IPv6 Address Record (AAAA)

Maps a domain name to a 128-bit IPv6 address — the modern successor to the A record.

Standards: RFC 3596

What is a DNS AAAA record?

AAAA records (quad-A records) map hostnames to IPv6 addresses. IPv6 uses 128-bit addresses written as eight groups of four hexadecimal digits, e.g. 2001:db8::1. AAAA records are essential for IPv6 connectivity as the internet transitions away from the depleted IPv4 address space. Most modern servers and clients support dual-stack (both A and AAAA), allowing connections over either protocol. Browsers prefer IPv6 when available via the "Happy Eyeballs" algorithm. AAAA records follow the same TTL and zone structure as A records. Many CDN providers assign AAAA records automatically alongside A records.

Record Structure

FieldDescription
NameThe hostname
TTLTime to live in seconds
ClassIN
TypeAAAA
AddressIPv6 address, e.g. 2606:2800:220:1:248:1893:25c8:1946

Examples

Apex domain IPv6
example.com. 3600 IN AAAA 2606:2800:220:1:248:1893:25c8:1946
www subdomain IPv6
www.example.com. 3600 IN AAAA 2606:2800:220:1:248:1893:25c8:1946

Common Issues & Fixes

IPv6 connectivity issues for some users

Users on IPv6-only networks cannot reach the site if only an A record exists.

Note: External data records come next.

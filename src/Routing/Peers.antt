-- ===== src/Routing/Peers.antt =====
-- internal/routing/peerlist.go. A peer is its address with the number of the object that holds it;
-- the list compares addresses.
use nexus_proxy_server.Common.{
  ℕ, zero, suc, ◌+◌, ◌%◌, Bool, if◌then◌else◌, List, [], ◌∷◌, ◌++◌, Option, none, length, get_elem?,
  ◌==◌, nat_eq,
}
use nexus_proxy_server.Common.SwapRemove.{has_key, swap_remove}

pub record Peer : Type 0 where
  pub addr : ℕ
  pub object : ℕ

abbrev pub addr_of : Peer → ℕ
addr_of p = p.addr

pub record PeerList : Type 0 where
  pub peers : List Peer
  pub counter : ℕ

unfoldable pub new_peer_list : PeerList
new_peer_list = record { peers = []; counter = 0 }

-- `Add`.
unfoldable pub add : Peer → PeerList → PeerList
add p pl =
    if has_key addr_of p.addr pl.peers then pl else record pl { peers = pl.peers ++ (p ∷ []) }

-- `Remove`.
unfoldable pub remove : Peer → PeerList → PeerList
remove p pl = record pl { peers = swap_remove addr_of p.addr pl.peers }

-- `IsEmpty`.
unfoldable pub is_empty : PeerList → Bool
is_empty pl = length pl.peers == 0

-- 2 ^ 64.
abbrev pub u64_mod : ℕ
u64_mod = 18446744073709551616

-- `Select`; `none` is its error. The counter is a `uint64`.
unfoldable pub select : PeerList → PeerList × Option Peer
select pl =
    let counter = (pl.counter + 1) % u64_mod in
    if length pl.peers == 0
    then (pl, none)
    else (record pl { counter = counter }, get_elem? pl.peers (counter % length pl.peers))

-- What consecutive calls of `Select` return.
unfoldable pub selections : ℕ → PeerList → List (Option Peer)
unfolding select
selections zero pl = []
selections (suc n) pl = let (pl', p) = select pl in p ∷ selections n pl'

Fix: Add an AAAA record alongside the A record for full dual-stack support.

Incorrect AAAA record causes connection timeouts

An AAAA record pointing to an unreachable IPv6 address causes Happy Eyeballs to fall back to IPv4, adding latency.

Fix: Remove the incorrect AAAA record, or fix it to point to the correct IPv6 address.